Work item →
Please repeat exactly the line containing "(without_last s) (omega" and each line after it in the records below, through the last.

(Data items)
══════════════════════════════
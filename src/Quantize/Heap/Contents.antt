-- ===== src/Quantize/Heap/Contents.antt =====
-- color/quantize.rs, `Heap`: reads and writes of the slots, and what the heap holds after `add` and
-- `remove`.
use mpris_chroma.Prelude.{
  ℕ, zero, suc, ◌+◌, ◌-◌, ◌*◌, ◌/◌, ◌≤◌, ◌<◌, ◌≡◌, refl, ap, inl, inr, false, not, some, List, [],
  ◌∷◌, ◌++◌, arith, ltb, ◌==◌, if◌then◌else◌, Bool-cases, if_cases, length, take, length-append,
  length-take,
}
use mpris_chroma.Prelude.Sort.{total, total-append}
use mpris_chroma.Quantize.{BoxNode, get_elem?}
use mpris_chroma.Quantize.Heap.{
  slot, set, cmp, is_positive, sift_up, add, larger_child, sift_down, without_last, remove,
}

pub length-set : (k v : ℕ) (s : List ℕ) → length (set k v s) ≡ length s
unfolding set
length-set k v [] = refl
length-set zero v (x ∷ s) = refl
length-set (suc k) v (x ∷ s) = ap suc (length-set k v s)

pub slot-set :
    (k j v : ℕ) (s : List ℕ) → k < length s → slot (set k v s) j ≡ (if k == j then v else slot s j)
unfolding slot set get_elem?
slot-set k j v [] h = absurd (omega arith)
slot-set zero zero v (x ∷ s) h = ground arith
slot-set zero (suc j) v (x ∷ s) h = ground arith
slot-set (suc k) zero v (x ∷ s) h = ground arith
slot-set (suc k) (suc j) v (x ∷ s) h = ground (arith, slot-set k j v s)

pub slot-append : (s t : List ℕ) (j : ℕ) → j < length s → slot (s ++ t) j ≡ slot s j
unfolding slot get_elem?
slot-append [] t j h = absurd (omega arith)
slot-append (x ∷ s) t zero h = refl
slot-append (x ∷ s) t (suc j) h = slot-append s t j (omega arith)

pub slot-take : (n : ℕ) (s : List ℕ) (j : ℕ) → j < n → slot (take n s) j ≡ slot s j
unfolding slot get_elem?
slot-take zero s j h = absurd (omega arith)
slot-take (suc n) [] j h = refl
slot-take (suc n) (x ∷ s) zero h = refl
slot-take (suc n) (x ∷ s) (suc j) h = slot-take n s j (omega arith)

pub length-without_last : (s : List ℕ) → length (without_last s) ≡ length s - 1
length-without_last s = omega (arith, length-take (length s - 1) s)

module _ (f : ℕ → ℕ) where
  total-set :
      (k v : ℕ) (s : List ℕ) → k < length s → total f (set k v s) + f (slot s k) ≡ total f s + f v
  unfolding slot set get_elem?
  total-set k v [] h = absurd (omega arith)
  total-set zero v (x ∷ s) h = omega arith
  total-set (suc k) v (x ∷ s) h = omega (arith, total-set k v s)

  total-take :
      (n : ℕ) (s : List ℕ) → length s ≡ suc n → total f (take n s) + f (slot s n) ≡ total f s
  unfolding slot get_elem?
  total-take n [] h = absurd (omega arith)
  total-take zero (x ∷ []) h = omega arith
  total-take zero (x ∷ y ∷ s) h = absurd (omega arith)
  total-take (suc n) (x ∷ s) h = omega (arith, total-take n s)

  total-without_last :
      (s : List ℕ) → 0 < length s → total f (without_last s) + f (slot s (length s - 1)) ≡ total f s
  total-without_last s h = total-take (length s - 1) s (omega arith)

  -- Moving the free slot trades what stands in it for the value that is written.
  module _ (boxes : List BoxNode) (v : ℕ) where
    sift_up-total :
        (fuel k : ℕ) (s : List ℕ)
        → 0 < k
        → k < length s
        → total f (sift_up boxes v fuel k s) + f (slot s k) ≡ total f s + f v
    unfolding sift_up
    sift_up-total zero k s p h = total-set k v s h
    sift_up-total (suc fuel) k s p h =
        if_cases Traded (k == 1) _ _ (λ _. total-set k v s h)
          (λ other.
            if_cases Traded (not (is_positive (cmp boxes v (slot s (k / 2))))) _ _
              (λ _. total-set k v s h)
              (λ _.
                let moved = set k (slot s (k / 2)) s in
                let lower : k / 2 < k = omega arith in
                let positive : 0 < k / 2 = ground arith in
                let same : slot moved (k / 2) ≡ slot s (k / 2) =
                  ground (arith, slot-set k (k / 2) (slot s (k / 2)) s) in
                let rest =
                  sift_up-total fuel (k / 2) moved positive
                    (omega (arith, length-set k (slot s (k / 2)) s)) in
                omega (arith, rw same at rest, total-set k (slot s (k / 2)) s h)))
      where
        Traded : List ℕ → Type 0
        Traded t = total f t + f (slot s k) ≡ total f s + f v

    pub larger_child-le :
        (count k : ℕ) (s : List ℕ)
        → 0 < k
        → k * 2 ≤ count
        → (k < larger_child boxes count k s) × (larger_child boxes count k s ≤ count)
    unfolding larger_child
    larger_child-le count k s p h = ground arith

    sift_down-total :
        (count fuel k : ℕ) (s : List ℕ)
        → 0 < k
        → k < length s
        → count < length s
        → total f (sift_down boxes v count fuel k s) + f (slot s k) ≡ total f s + f v
    unfolding sift_down
    sift_down-total count zero k s p h c = total-set k v s h
    sift_down-total count (suc fuel) k s p h c =
        if_cases Traded (ltb count (k * 2)) _ _ (λ _. total-set k v s h)
          (λ inside.
            if_cases Traded (is_positive (cmp boxes v (slot s (larger_child boxes count k s)))) _ _
              (λ _. total-set k v s h)
              (λ _.
                let l = larger_child boxes count k s in
                let bounds = larger_child-le count k s p (ground arith) in
                let moved = set k (slot s l) s in
                let same : slot moved l ≡ slot s l =
                  ground (arith, slot-set k l (slot s l) s, bounds) in
                let rest =
                  sift_down-total count fuel l moved (omega (arith, bounds.0))
                    (omega (arith, bounds.1, length-set k (slot s l) s))
                    (omega (arith, length-set k (slot s l) s)) in
                omega (arith, rw same at rest, total-set k (slot s l) s h)))
      where
        Traded : List ℕ → Type 0
        Traded t = total f t + f (slot s k) ≡ total f s + f v

slot-append_end : (s : List ℕ) (v : ℕ) → slot (s ++ v ∷ []) (length s) ≡ v
unfolding slot get_elem?
slot-append_end [] v = refl
slot-append_end (x ∷ s) v = slot-append_end s v

module _ (boxes : List BoxNode) where
  pub add-total :
      (v : ℕ) (s : List ℕ) (f : ℕ → ℕ) → 0 < length s → total f (add boxes v s) ≡ total f s + f v
  unfolding add
  add-total v s f h =
      let grown = s ++ v ∷ [] in
      let traded =
        sift_up-total f boxes v (length s) (length s) grown h
          (omega (arith, length-append {0} s (v ∷ []))) in
      omega (arith, rw (slot-append_end s v) at traded, total-append {0} f s (v ∷ []))

  pub remove-total :
      (s : List ℕ)
      → 1 < length s
      → (t : List ℕ) × (remove boxes s ≡ some (slot s 1, t))
        × ((f : ℕ → ℕ) → total f t + f (slot s 1) ≡ total f s)
  unfolding remove
  remove-total s h = elim (Bool-cases (length s - 1 - 1 == 0)) [
    | inl single ↦ (
      without_last s,
      rw (nonempty, single) refl,
      λ f.
          let last : length s - 1 ≡ 1 = ground arith in
          omega (arith, total-without_last f s (omega arith), ap (λ (k : ℕ). f (slot s k)) last),
    )
    | inr several ↦ (
      sift_down boxes (slot s (length s - 1)) (length s - 1 - 1) (length s - 1 - 1) 1
          (without_last s),
      rw (nonempty, several) refl,
      λ f.
          let shorter = length-without_last s in
          let kept : slot (without_last s) 1 ≡ slot s 1 =
            slot-take (length s - 1) s 1 (ground arith) in
          let traded =
            sift_down-total f boxes (slot s (length s - 1)) (length s - 1 - 1) (length s - 1 - 1) 1
              (without_last s) (omega arith) (ground (arith, shorter)) (ground (arith, shorter)) in
          omega (arith, rw kept at traded, total-without_last f s (omega arith)),
    )
  ]
    where
      nonempty : (length s - 1 == 0) ≡ false
      nonempty = ground arith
══════════════════════════════
Answer section →
              (without_last s) (omega arith) (ground (arith, shorter)) (ground (arith, shorter)) in
          omega (arith, rw kept at traded, total-without_last f s (omega arith)),
    )
  ]
    where
      nonempty : (length s - 1 == 0) ≡ false
      nonempty = ground arith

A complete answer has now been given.